青空文庫[Webサイト]
ぬすつと犬めが、
くさつた波止場の月に吠えてゐる。
たましひが耳をすますと、
陰気くさい声をして、
黄いろい娘たちが合唱してゐる、
合唱してゐる。
波止場のくらい石垣で。
いつも、
なぜおれはこれなんだ、
犬よ、
青白いふしあはせの犬よ。
これは萩原朔太郎作「悲しい月夜」ですが、今回ご紹介するのはこれではありません。
名作と呼ばれるような少し昔の文学作品を読んでみたいけど、いまさら買ったりするのも…とか、借りたら返さなきゃいけないし面倒だな…とか思うことはないでしょうか。そんな方のために「青空文庫」をご紹介します。
「青空文庫」には主に著作権が消滅(一部存続中でも権利者が許諾)した文学作品が、人力(!)により電子化され収められています。そしてそこに収められた6000を超える作品(2007年現在)を自由に読むことが出来ます。さらに読むだけでなくこの項の冒頭のように転載、再配布をすることも可能です。(著作権存続中のものは注意)

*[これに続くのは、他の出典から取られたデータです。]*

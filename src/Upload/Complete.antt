-- ===== src/Upload/Complete.antt =====
-- An upload that nothing breaks off, from the rest of the file to the record.
use wind_cloud_v.Shared.{
  ℕ, ◌≤◌, ◌≡◌, refl, sym, ap, ◌∙◌, inl, inr, true, false, List, ◌∷◌, none, some, arith, length,
  take, drop, length-drop, Option-cases,
}
use wind_cloud_v.Shared.Int.{pos}
use wind_cloud_v.Shared.Text.{Bytes, str_eq_refl, take_all}
use wind_cloud_v.Protocol.Stream.{NeverFails}
use wind_cloud_v.Protocol.{puts, init_file_packet}
use wind_cloud_v.Identity.{Config}
use wind_cloud_v.Vfs.{Backend, Db, tick}
use wind_cloud_v.Vfs.Entities.{ClientContext, write_name, create_name}
use wind_cloud_v.Upload.{PutsReply, packet, Upload, UploadLink}
use wind_cloud_v.Upload.Receive.{content_of, put_content}
use wind_cloud_v.Upload.Handler.{record_upload, extend_upload, resume_upload, open_upload}
use wind_cloud_v.Upload.Settled.{IsReliable, Settled, extend_upload-Settled}
use wind_cloud_v.Upload.Resume.{
  le_cases, created, told, resume_upload-more, resume_upload-whole, measure_upload-eq,
  open_upload-eq,
}

-- The client is told how far the file has come, and then what the record of the whole file comes to:
-- the file is stored, and the nodes and the records are still those of `db`.
pub record IsRecorded (b : Backend) (config : Config) (ctx : ClientContext) (arg : Bytes)
    (u : Upload) (f : Bytes) (n : ℕ) (db : Db) (r : List PutsReply × Db) : Type 0 where
  pub whole : Db
  pub paths : whole.paths ≡ db.paths
  pub files : whole.files ≡ db.files
  pub stored : whole.store u.stored ≡ some f
  pub outcome : r ≡ (
    packet (init_file_packet puts (some arg) u.size (pos n) none)
        ∷ (record_upload b config ctx u whole).0,
    (record_upload b config ctx u whole).1,
  )

put_content-stored :
    (hash content : Bytes) (db : Db) → (put_content hash content db).store hash ≡ some content
unfolding put_content write_name
put_content-stored hash content db = rw (str_eq_refl hash) refl

create_name-stored :
    (hash : Bytes) (db : Db) → create_name hash db.store hash ≡ some (content_of hash db)
unfolding create_name write_name
create_name-stored hash db = elim (Option-cases (db.store hash)) [
  | inl e ↦ rw (create_name, content_of, e, str_eq_refl hash) refl
  | inr (c, e) ↦ rw (create_name, content_of, e, e) refl
]

module _ (b : Backend) (works : (k : ℕ) → b.fails k ≡ false) (config : Config) (link : UploadLink)
    (reliable : IsReliable link) (flows : NeverFails link.recvs) (sent : link.sends_packet ≡ true)
    (ctx : ClientContext) (arg f : Bytes) (u : Upload) (size : u.size ≡ pos (length f)) (n : ℕ)
    (h : n ≤ length f) (rest : link.incoming ≡ drop n f) where
  rest_taken : link.incoming ≡ take (length f) (drop n f)
  rest_taken = rest ∙ sym (take_all (length f) (drop n f) (omega (arith, length-drop n f)))

  Settled-end :
      (content : Bytes) (r : List PutsReply × Db) (db : Db)
      → Settled b works config link ctx u f n content r db
      → r ≡ record_upload b config ctx u (put_content u.stored f db)
  Settled-end content r db (inl e) = e
  Settled-end content r db (inr (k, less, e, inl broken)) = absurd (broken flows)
  Settled-end content r db (inr (k, less, e, inr short)) =
      absurd (omega (arith, ap (length {A = ℕ}) rest, length-drop n f))

  resume_upload-IsRecorded :
      (db : Db)
      → db.store u.stored ≡ some (take n f)
      → IsRecorded b config ctx arg u f n db (resume_upload b config link ctx arg u n db)
  unfolding put_content told
  resume_upload-IsRecorded db e =
      let held : content_of u.stored db ≡ take n f = rw (content_of, e) refl in
      elim (le_cases n (length f) h) [
        | inl less ↦
            let (content, db', p, q, settled) =
              extend_upload-Settled b works config link ctx u f reliable n (length f) db less held
                rest_taken in
            let end =
              Settled-end content (extend_upload b config link ctx u (length f) n db) db' settled in
            record {
              whole = put_content u.stored f db';
              paths = p;
              files = q;
              stored = put_content-stored u.stored f db';
              outcome =
                  resume_upload-more b works config link reliable ctx arg f u size n (length f) h
                    rest_taken db sent less
                  ∙ ap
                      (λ r. (
                        told b works config link reliable ctx arg f u size n (length f) h rest_taken
                            ∷ r.0,
                        r.1,
                      ))
                      end;
            }
        | inr all ↦ record {
          whole = db;
          paths = refl;
          files = refl;
          stored = e ∙ ap some (rw all (take_all (length f) f (omega arith)));
          outcome =
              resume_upload-whole b works config link reliable ctx arg f u size n (length f) h
                rest_taken db sent all;
        }
      ]

  -- From the opening of the file on.
  pub open_upload-IsRecorded :
      (db : Db)
      → content_of u.stored db ≡ take n f
      → IsRecorded b config ctx arg u f n db (open_upload b config link ctx arg u db)
  open_upload-IsRecorded db e =
      let db' = record (tick (tick db)) { store = create_name u.stored db.store } in
      let r = resume_upload-IsRecorded (tick db') (create_name-stored u.stored db ∙ ap some e) in
      record {
        whole = r.whole;
        paths = r.paths;
        files = r.files;
        stored = r.stored;
        outcome =
            open_upload-eq b works config link reliable ctx arg f u size n (length f) h rest_taken
              db
            ∙ measure_upload-eq b works config link reliable ctx arg f u size n (length f) h
                rest_taken db' (created u.stored db ∙ e)
            ∙ r.outcome;
      }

秋の夜長に長編にじっくりと挑むもよし、レポートや制作に疲れたとき掌編や詩で気分転換するもよし、手軽に文学の世界へ触れてみるのはいかがでしょう。
ちなみに同じような趣旨のものがアメリカにもあります。
プロジェクト・グーテンベルク(Project Gutenberg) http://www.gutenberg.org/
でも、たまには紙の本を手に取りに情報館へも来てくださいね。